Las hidroeléctricas del Oriente antioqueño y sus consecuencias

Torres de contensión de la hidroeléctrica de San Carlos. / Foto: Alcaldía de San Carlos.

La migración hacia las ciudades provocada por la guerra fratricida de mediados del siglo veinte y el avance de las industrias, ocasionó una gran demanda de electricidad. Esto llevó a que el gobierno nacional y las empresas de servicios públicos diseñaran grandes proyectos de generación. En Antioquia los encargados del sector decidieron la ubicación de las hidroeléctricas en los municipios del oriente, dadas las óptimas condiciones que brindaba el nivel de los terrenos y la abundancia de aguas, pero, principalmente, considerando las tierras de estos lugares como de baja productividad, las que, según sus cálculos, podrían adquirirse a bajos precios. La producción campesina, lo mismo que la pequeña minería y la pesca,  sustento de los municipios involucrados, fueron subestimados por los planificadores de las centrales. Mucho menos se consideró la afectación social que se iba a producir, lo mismo que los problemas medioambientales que ocasionan las represas (1) .

En estos proyectos se dispuso toda la capacidad de endeudamiento del país con los organismos de financiamiento internacional. Entre 1970 y 1987 el Banco Mundial hizo quince préstamos a Colombia para infraestructura eléctrica, por un valor cercano a los US$1.900 millones, y el Banco Interamericano de Desarrollo contribuyó con una suma similar.

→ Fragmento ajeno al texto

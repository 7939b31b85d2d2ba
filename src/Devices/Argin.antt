-- ===== src/Devices/Argin.antt =====
-- src/wstangoproc_common/TangoProcessor.cpp and TangoProcessor.h: from the texts of a request to
-- the data of a command or an attribute.
use web_socket_ds.Base.{
  ℕ, String, Bool, true, false, List, [], ◌∷◌, Option, none, some, if◌then◌else◌, ◌||◌, str_beq,
  get_or, nat_beq, size, length,
}
use web_socket_ds.Base.Int.{ℤ, pos, stoi}
use web_socket_ds.Base.Dict.{lookup, string_eq}
use web_socket_ds.Wire.{ErrorType}
use web_socket_ds.Request.{ParsedInputJson, is_value, is_array, check_key, value_at}
use web_socket_ds.StringProc.Response.{error_info, exception_string_out}
use web_socket_ds.Connections.{Called, gives, fails, escapes}
use web_socket_ds.Devices.{
  TangoType, AttrDataFormat, scalar, spectrum, image, Value, boolean, text, DeviceData, no_data,
  one, many, AttributeInput, nothing, one_value, values, AttributeInfo, CppType, Formats,
}

abbrev is_bool : CppType → Bool
is_bool t = elim t [ CppType.bool_t ↦ true | _ ↦ false ]

module _ {F : Type 0} (f : Formats F) where
  -- One value; none is `bad_lexical_cast`.
  unfoldable pub cast : CppType → String → Option (Value F)
  cast t s =
      if is_bool t
      then (if str_beq s "0" || str_beq s "false"
          then some (boolean false)
          else if str_beq s "1" || str_beq s "true"
          then some (boolean true)
          else f.lexical_cast t s)
      else f.lexical_cast t s

  abbrev join_values : Option (Value F) → Option (List (Value F)) → Option (List (Value F))
  join_values (some v) (some vs) = some (v ∷ vs)
  join_values _ _ = none

  unfoldable pub cast_all : CppType → List String → Option (List (Value F))
  cast_all t [] = some []
  cast_all t (s ∷ ss) = join_values (cast t s) (cast_all t ss)

  abbrev texts : List String → List (Value F)
  texts [] = []
  texts (s ∷ ss) = text s ∷ texts ss

  module _ {Tree : Type 0} (p : ParsedInputJson Tree) where
    -- `inpStr` and `inpVecStr`, empty where `argin` has not that form.
    unfoldable pub argin_str : String
    argin_str = if is_value (check_key p "argin") then value_at p "argin" else ""

    unfoldable pub argin_vec : List String
    argin_vec =
        if is_array (check_key p "argin") then get_or (lookup "argin" p.other_inp_vec) [] else []

    unfoldable pub argin_refused : ErrorType → String → String
    argin_refused kind message = exception_string_out (record (error_info kind) {
      typeof_req = p.type_req_str;
      id = p.id;
      error_message = message;
    })

    unfoldable pub one_of : Option (Value F) → Called (DeviceData F)
    one_of (some v) = gives (one v)
    one_of none = fails (argin_refused ErrorType.is_not_valid f.bad_cast)

    unfoldable pub many_of : Option (List (Value F)) → Called (DeviceData F)
    many_of (some vs) = gives (many vs)
    many_of none = fails (argin_refused ErrorType.is_not_valid f.bad_cast)

    abbrev cast_one : CppType → Called (DeviceData F)
    cast_one t = one_of (cast t argin_str)

    abbrev cast_many : CppType → Called (DeviceData F)
    cast_many t = many_of (cast_all t argin_vec)

    abbrev not_supported : String → Called (DeviceData F)
    not_supported name = fails (argin_refused ErrorType.not_supp name)

    -- `_getDeviceDataFromParsedJson`. For one character the data is left empty: it is put into
    -- another variable.
    unfoldable pub get_device_data : TangoType → Called (DeviceData F)
    get_device_data t = elim t [
      | TangoType.dev_void ↦ gives no_data
      | TangoType.dev_boolean ↦ cast_one CppType.bool_t
      | TangoType.dev_short ↦ cast_one CppType.short_t
      | TangoType.dev_long ↦ cast_one CppType.long_t
      | TangoType.dev_float ↦ cast_one CppType.float_t
      | TangoType.dev_double ↦ cast_one CppType.double_t
      | TangoType.dev_ushort ↦ cast_one CppType.ushort_t
      | TangoType.dev_ulong ↦ cast_one CppType.ulong_t
      | TangoType.dev_string ↦ gives (one (text argin_str))
      | TangoType.devvar_chararray ↦ cast_many CppType.uchar_t
      | TangoType.devvar_shortarray ↦ cast_many CppType.short_t
      | TangoType.devvar_longarray ↦ cast_many CppType.long_t
      | TangoType.devvar_floatarray ↦ cast_many CppType.float_t
      | TangoType.devvar_doublearray ↦ cast_many CppType.double_t
      | TangoType.devvar_ushortarray ↦ cast_many CppType.ushort_t
      | TangoType.devvar_ulongarray ↦ cast_many CppType.ulong_t
      | TangoType.devvar_stringarray ↦ gives (many (texts argin_vec))
      | TangoType.devvar_longstringarray ↦
          not_supported "DEVVAR_LONGSTRINGARRAY This format is not supported"
      | TangoType.devvar_doublestringarray ↦
          not_supported "DEVVAR_DOUBLESTRINGARRAY This format is not supported"
      | TangoType.dev_state ↦ not_supported "DEV_STATE This format is not supported"
      | TangoType.devvar_booleanarray ↦
          not_supported "DEVVAR_BOOLEANARRAY This format is not supported"
      | TangoType.dev_uchar ↦
          if nat_beq (size argin_str) 1
          then gives no_data
          else fails (argin_refused ErrorType.check_request "DEV_UCHAR Must be 1 char")
      | TangoType.dev_long64 ↦ cast_one CppType.long64_t
      | TangoType.dev_ulong64 ↦ cast_one CppType.ulong64_t
      | TangoType.devvar_long64array ↦ cast_many CppType.long64_t
      | TangoType.devvar_ulong64array ↦ cast_many CppType.ulong64_t
      | TangoType.dev_enum ↦ cast_one CppType.enum_t
      | _ ↦ gives no_data
    ]

    -- A dimension of the request, or what it is without one; none where `stoi` throws, which
    -- nothing catches.
    unfoldable pub dimension : String → ℕ → Option ℤ
    dimension key default =
        if is_value (check_key p key) then stoi (value_at p key) else some (pos default)

    unfoldable pub one_input : Option (Value F) → Called (AttributeInput F)
    one_input (some v) = gives (one_value v)
    one_input none = fails (argin_refused ErrorType.is_not_valid f.bad_cast)

    unfoldable pub many_inputs : ℤ → ℤ → Option (List (Value F)) → Called (AttributeInput F)
    many_inputs x y (some vs) = gives (values vs x y)
    many_inputs x y none = fails (argin_refused ErrorType.is_not_valid f.bad_cast)

    -- The case of one type: a scalar, or an array with its dimensions.
    unfoldable pub input_as : CppType → AttrDataFormat → ℤ → ℤ → Called (AttributeInput F)
    input_as t scalar x y = one_input (cast t argin_str)
    input_as t spectrum x y = many_inputs x y (cast_all t argin_vec)
    input_as t image x y = many_inputs x y (cast_all t argin_vec)

    unfoldable pub input_text : AttrDataFormat → ℤ → ℤ → Called (AttributeInput F)
    input_text scalar x y = gives (one_value (text argin_str))
    input_text spectrum x y = gives (values (texts argin_vec) x y)
    input_text image x y = gives (values (texts argin_vec) x y)

    unfoldable pub input_char : AttrDataFormat → ℤ → ℤ → Called (AttributeInput F)
    input_char scalar x y =
        if nat_beq (size argin_str) 1
        then input_as CppType.uchar_t scalar x y
        else fails (argin_refused ErrorType.check_request "DEV_UCHAR Must be 1 char")
    input_char spectrum x y = input_as CppType.uchar_t spectrum x y
    input_char image x y = input_as CppType.uchar_t image x y

    unfoldable pub attribute_input : TangoType → AttrDataFormat → ℤ → ℤ → Called (AttributeInput F)
    attribute_input t format x y = elim t [
      | TangoType.dev_void ↦ gives nothing
      | TangoType.dev_boolean ↦ input_as CppType.bool_t format x y
      | TangoType.dev_short ↦ input_as CppType.short_t format x y
      | TangoType.dev_long ↦ input_as CppType.long_t format x y
      | TangoType.dev_float ↦ input_as CppType.float_t format x y
      | TangoType.dev_double ↦ input_as CppType.double_t format x y
      | TangoType.dev_ushort ↦ input_as CppType.ushort_t format x y
      | TangoType.dev_ulong ↦ input_as CppType.ulong_t format x y
      | TangoType.dev_string ↦ input_text format x y
      | TangoType.dev_state ↦
          fails (argin_refused ErrorType.not_supp "DEV_STATE This format is not supported")
      | TangoType.dev_uchar ↦ input_char format x y
      | TangoType.dev_long64 ↦ input_as CppType.long64_t format x y
      | TangoType.dev_ulong64 ↦ input_as CppType.ulong64_t format x y
      | TangoType.dev_enum ↦ one_input (cast CppType.enum_t argin_str)
      | _ ↦ fails (argin_refused ErrorType.not_supp "Unknown type of atrribute")
    ]

    abbrev pub is_image : AttrDataFormat → Bool
    is_image image = true
    is_image _ = false

    unfoldable pub with_dimensions : AttributeInfo → Option ℤ → Option ℤ → Called (AttributeInput F)
    with_dimensions info none y = escapes
    with_dimensions info (some x) none = escapes
    with_dimensions info (some x) (some y) = attribute_input info.data_type info.data_format x y

    -- `_getDeviceAttributeDataFromParsedJson`.
    unfoldable pub get_device_attribute_data : AttributeInfo → Called (AttributeInput F)
    get_device_attribute_data info =
        with_dimensions info (dimension "dimX" (length argin_vec))
          (dimension "dimY" (if is_image info.data_format then 1 else 0))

La falta de recursos en moneda nacional para acometer estas obras, llevó a que se buscaran los préstamos con la banca comercial “accediendo a los fondos más costosos disponibles, no obstante contar la garantía de la nación”. En la segunda mitad de la década de 1980 el sector fue objeto de operaciones masivas de financiamiento del Gobierno con la utilización de excedentes de las empresas industriales y comerciales del Estado para pagar el servicio de la deuda, partidas directas del presupuesto nacional, créditos contratados directamente por el ministerio de Hacienda o garantías otorgadas por la nación, de modo que “entre 1978 y 1988, las transferencias del gobierno hacia el exterior fueron de los US$1.100 millones”(2).

Estas inversiones significaron un gran esfuerzo económico para la nación, en tanto las comunidades tuvieron que padecer una afectación enorme; a pesar de que los problemas debieron estar contemplados en los estudios de factibilidad, en los que era necesario establecer un plan de mitigación, exigido para la otorgación de los créditos. Sin embargo, pese a que algunos estudios se realizaron, estos se quedaron en el  olvido en los anaqueles de las bibliotecas.

En consecuencia se conformó un fuerte Movimiento Cívico a través del cual se presentaron reclamaciones, acompañadas de grandes movilizaciones, para exigir, de una parte, la indemnización por los perjuicios y daños causados y, por otra, la participación en la toma de decisiones, respecto a los planes de mitigación y compensación que se demandaban, así como la intervención en el diseño de los planes de inversión de los dineros públicos. Pero la respuesta del Estado fue la represión y la criminalización de la protesta, asignándole a este movimiento el carácter de subversivo, desconociendo el derecho de la población a expresar la inconformidad por la afectación causada. (3)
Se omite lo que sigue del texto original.